Bereits Anfang Juli hatte die KZBV auf ihrer Vertreterversammlung ihre überarbeitete Compliance-Leitlinie vorgestellt, in der sie Zahnärzte über berufsrechtliche Pflichten - etwa bei der Leistungsabrechnung, der Beteiligung von Zahnärzten an Unternehmen oder der Erbringung zahntechnischer Leistungen - informiert. Sie soll Zahnärzten dabei helfen, Pflichtenverletzungen gegen bestehende Berufsausübungspflichten zu vermeiden.

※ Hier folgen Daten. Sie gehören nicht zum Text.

-- ===== src/Capabilities/DynamicAnalysis/Visible.antt =====
-- The file's rules of capa-x/src/capabilities/dynamic_analysis.rs are matched against the matches of
-- all scopes inside the file.
use capa_x.Prelude.{◌≡◌, true, ◌||◌, String, some, List, [], arith}
use capa_x.Address.{Address}
use capa_x.Features.{Feature}
use capa_x.Rules.{Rule}
use capa_x.Engine.FeatureSet.Has.{has}
use capa_x.Freeze.{Located}
use capa_x.Capabilities.Matcher.{Matcher}
use capa_x.Capabilities.Driver.{index_matches, file_features_of}
use capa_x.Capabilities.Driver.Promoted.{
  is_hit, is_published_as, index_matches-visible, file_features_of-lower,
}
use capa_x.Capabilities.DynamicAnalysis.{ProcessesState, process_and_lower}

module _ (rule_set : Matcher) (name : String) (rule : Rule) (f : Feature) (addr : Address) where
  -- what has been gathered is published to the file
  pub process_and_lower-visible :
      (s : ProcessesState) (features : Located) (global_features : List Feature)
      → rule_set.get name ≡ some rule
      → is_published_as rule f ≡ true
      → (is_hit name addr s.all_call_matches
          || (is_hit name addr s.all_span_matches
              || (is_hit name addr s.all_thread_matches || is_hit name addr s.all_process_matches)))
        ≡ true
      → has f addr
          (file_features_of rule_set features global_features (process_and_lower rule_set s))
        ≡ true
  process_and_lower-visible s features global_features known seen hit =
      let calls = index_matches rule_set [] s.all_call_matches in
      let spans = index_matches rule_set calls s.all_span_matches in
      let threads = index_matches rule_set spans s.all_thread_matches in
      file_features_of-lower rule_set name rule f addr known seen features global_features
        (index_matches rule_set threads s.all_process_matches)
        (ground (
          arith,
          index_matches-visible rule_set name rule f addr known seen [] s.all_call_matches,
          index_matches-visible rule_set name rule f addr known seen calls s.all_span_matches,
          index_matches-visible rule_set name rule f addr known seen spans s.all_thread_matches,
          index_matches-visible rule_set name rule f addr known seen threads s.all_process_matches,
        ))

Der Kabinettsentwurf entscheidet sich in einigen wesentlichen Punkten vom Referentenentwurf von Anfang Februar:

  • So wurde die Kritik von Ärzten und von Juristen an dem Referentenentwurf berücksichtigt und die "gesundheitspolitisch grundsätzlich gewollte" berufliche Zusammenarbeit von Ärzten in die Begründung des Gesetzentwurfs aufgenommen.Ausdrücklich nennt der Entwurf nun die vor- und nachstationäre Behandlung und das ambulante Operieren im Krankenhaus (115 a und b SGB V), die ambulante spezialfachärztliche Versorgung (116b SGB V) und sektorenübergreifende Versorgungsformen wie die integrierte Versorgung (140a ff. SGB V) - die Autoren betonen: "Die Gewährung angemessener Entgelte für die in diesem Rahmen erbrachten heilberuflichen Leistungen und dementsprechend die Verschaffung entsprechender Verdienstmöglichkeiten sind zulässig." Auch die bloße Teilnahme an einer vergüteten Anwendungsbeobachtung erfülle den Straftatbestand der Korruption nicht, heißt es an dort anderer Stelle. Anwendungsbeobachtungen seien forschungs- und gesundheitspolitisch wünschenswert, sofern ihre Ergebnisse öffentlich zugänglich gemacht werden.

  • Als mögliche Vorteilsannahme werden dagegen Einladungen zu Kongressen, die Übernahme der Kosten von Fortbildungsveranstaltungen oder das Einräumen von Vermögens- und Gewinnbeteiligungen aufgeführt.

  • Seit Anfang 2015 handeln die Pharmafirmen des Verbands forschender Pharmahersteller (vfa) europaweit nach einem Transparenzkodex, das heißt, sie erfassen systematisch ihre Kooperationen mit Ärzten und anderen Beteiligten im Gesundheitswesen und veröffentlichen sie bis Mitte 2016 auf ihren Internetseiten.

  • Eine wichtige Rolle kommt den KVen, KZVen, Kammern sowie den gesetzlichen und privaten Krankenversicherern zu. Ihnen überträgt der Gesetzgeber das Recht, Strafanträge gegen ihre Mitglieder zu stellen. Im Referentenentwurf waren die KVen und KZVen noch nicht erwähnt.